[Dataset entries]
==*==
-- ===== src/Trading/Monitor.antt =====
-- `LoopARunner._monitor_positions_once` (app/loops/loop_a_runtime.py), for one position.
use mathlib.Core.Bool.{◌||◌}
use haru_trade_manager.Common.{
  ℕ, ◌+◌, String, Option, none, some, [], ◌∷◌, Act, Outcome, ok, raised, key_error, value_error,
  Bool, true, false, not, pure, lift, ◌>>=◌, ◌>>◌, catch, if◌then◌else◌, fstring, Double, gt, eq,
  nought,
}
use haru_trade_manager.Domain.{OrderRequest, OrderResult}
use haru_trade_manager.Orders.Gateway.{CriticalSafety, raise_critical}
use haru_trade_manager.Orders.Position.{PositionState, closed, Transition, decide, snapshot}
use haru_trade_manager.Orders.Service.{OrderService, place_with_reconcile}
use haru_trade_manager.Runtime.{beside}
use haru_trade_manager.Trading.{
  Database, Desk, OrderRow, Position, only_sql, create_order, apply_transition,
}

-- The price and the ATR providers.
pub record Feeds (F G : Type 0) : Type 0 where
  pub get_current_price : String → Act G F
  pub get_atr : String → String → Act G F

-- `config.get`, and `float` of a text
pub record Settings (F : Type 0) : Type 0 where
  pub get : String → Outcome String
  pub parse : String → Outcome F

pub record Counts : Type 0 where
  pub monitored_positions : ℕ
  pub closed_positions : ℕ
  pub failed_close_orders : ℕ

-- What `LoopARunner` is built from, besides the queue and the tables.
pub record LoopA (F G : Type 0) : Type 0 where
  pub db : Database G
  pub orders : OrderService F G
  pub feeds : Feeds F G
  pub safety : Option (CriticalSafety G)
  pub config : Option (Settings F)
  pub default_trail_atr_mult : F

abbrev pub is_closed : PositionState → Bool
is_closed closed = true
is_closed _ = false

abbrev pub one_failed : Counts → Counts
one_failed c = record c { failed_close_orders = c.failed_close_orders + 1 }

abbrev pub count_closed : PositionState → Counts → Counts
count_closed state c =
    if is_closed state then record c { closed_positions = c.closed_positions + 1 } else c

-- A text or None, as an f-string prints it.
abbrev or_none : Option String → String
or_none none = "None"
or_none (some s) = s

module _ {F : Type 0} ⦃d : Double F⦄ where
  -- `x != y` of floats or None
  abbrev pub differs : Option F → Option F → Bool
  differs none none = false
  differs (some x) (some y) = not (eq x y)
  differs _ _ = true

  -- `float(config.get(key))`
  abbrev number_at : Settings F → String → Outcome F
  number_at config key = elim (config.get key) [ ok s ↦ config.parse s | raised e ↦ raised e ]

  -- After `except (KeyError, ValueError, TypeError)` the common multiple is read.
  abbrev or_common : Settings F → Outcome F → Outcome F
  or_common config (ok x) = ok x
  or_common config (raised e) = elim e.kind [
    | key_error ↦ number_at config "trail_atr_mult"
    | value_error ↦ number_at config "trail_atr_mult"
    | _ ↦ raised e
  ]

  unfoldable pub resolve_trail_atr_mult : Option (Settings F) → F → String → Outcome F
  resolve_trail_atr_mult none default strategy_id = ok default
  resolve_trail_atr_mult (some config) default strategy_id =
      or_common config
        (number_at config (fstring ("strategy." ∷ strategy_id ∷ ".trail_atr_mult" ∷ [])))

  abbrev pub close_order : Position F → Transition F → OrderRequest F
  close_order p t = record {
    ticker = p.ticker;
    side = "sell";
    order_type = "market";
    qty = t.close_qty;
    price = none;
  }

  abbrev pub close_order_row : Position F → F → Transition F → OrderResult → OrderRow F
  close_order_row p price t result = record {
    id = 0;
    signal_id = none;
    external_order_id = result.order_id;
    ticker = p.ticker;
    side = "sell";
    order_type = "market";
    price = some price;
    quantity = t.close_qty;
    filled_quantity = nought;
    status = "filled";
    reason = t.reason;
  }

  abbrev close_failed_text : Position F → Transition F → OrderResult → String
  close_failed_text p t result = fstring (
      p.ticker
      ∷ " strategy="
      ∷ p.strategy_id
      ∷ " reason="
      ∷ or_none t.reason
      ∷ " error="
      ∷ or_none result.error
      ∷ [])

  abbrev pub marks_differ : Position F → Transition F → Bool
  marks_differ p t =
      differs t.new_highest p.row.highest_price
      || differs t.new_trailing_stop p.row.trailing_stop_price

module _ {F G : Type 0} ⦃d : Double F⦄ (loop : LoopA F G) where
  -- A critical event, and the position counts as failed.
  unfoldable pub fail_with : Counts → String → String → Act (G × Desk F) Counts
  unfolding raise_critical
  fail_with c code message = do
    beside (raise_critical loop.safety code message)
    pure (one_failed c)

  -- The close order is written down, and the position takes its new state.
  unfoldable pub book_close :
      Position F → F → Transition F → OrderResult → Counts → Act (G × Desk F) Counts
  unfolding create_order apply_transition
  book_close p price t result c = do
    order ← create_order loop.db (close_order_row p price t result)
    updated ← apply_transition loop.db p.id t
    pure (count_closed updated.state c)

  unfoldable pub on_close_result :
      Position F → F → Transition F → Counts → OrderResult → Act (G × Desk F) Counts
  unfolding fail_with book_close
  on_close_result p price t c result =
      if result.is_ok
      then catch (book_close p price t result c)
          (only_sql λ exc. fail_with c "position_update_failed" exc.text)
      else fail_with c "close_order_failed" (close_failed_text p t result)

  unfoldable pub close_part : Position F → F → Transition F → Counts → Act (G × Desk F) Counts
  unfolding on_close_result
  close_part p price t c =
      beside (place_with_reconcile loop.orders (close_order p t)) >>= on_close_result p price t c

  unfoldable pub move_marks : Position F → Transition F → Counts → Act (G × Desk F) Counts
  unfolding apply_transition fail_with
  move_marks p t c =
      catch (do updated ← apply_transition loop.db p.id t; pure c)
        (only_sql λ exc. fail_with c "position_update_failed" exc.text)

  unfoldable pub act_on : Position F → F → Transition F → Counts → Act (G × Desk F) Counts
  unfolding close_part move_marks
  act_on p price t c =
      if gt t.close_qty nought
      then close_part p price t c
      else (if marks_differ p t then move_marks p t c else pure c)

  -- `try: db_ctx = self.session_factory()`: whether there is a session, and the counts so far
  unfoldable pub open_session : Counts → Act (G × Desk F) (Bool × Counts)
  unfolding fail_with
  open_session c =
      catch (do beside loop.db.connect; pure (true, c))
        (only_sql λ exc. do c' ← fail_with c "positions_session_failed" exc.text; pure (false, c'))

  -- `continue`, unless there is a session
  abbrev pub go_on : Position F → F → Transition F → Bool → Counts → Act (G × Desk F) Counts
  go_on p price t is_open c = if is_open then act_on p price t c else pure c

  unfoldable pub monitor_one : Position F → Counts → Act (G × Desk F) Counts
  unfolding open_session act_on resolve_trail_atr_mult
  monitor_one p c₀ = do
    let c = record c₀ { monitored_positions = c₀.monitored_positions + 1 }
    price ← beside (loop.feeds.get_current_price p.ticker)
    atr ← beside (loop.feeds.get_atr p.ticker p.strategy_id)
    mult ← lift (resolve_trail_atr_mult loop.config loop.default_trail_atr_mult p.strategy_id)
    (is_open, c') ← open_session c
    go_on p price (decide (snapshot p.stop_price p.take_profit_price p.row) price atr mult) is_open
        c'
==*==
About this exercise: Each line in the data that holds the string "catch" should be found and copied.

Exercise answer:
  Bool, true, false, not, pure, lift, ◌>>=◌, ◌>>◌, catch, if◌then◌else◌, fstring, Double, gt, eq,
      then catch (book_close p price t result c)
      catch (do updated ← apply_transition loop.db p.id t; pure c)
      catch (do beside loop.db.connect; pure (true, c))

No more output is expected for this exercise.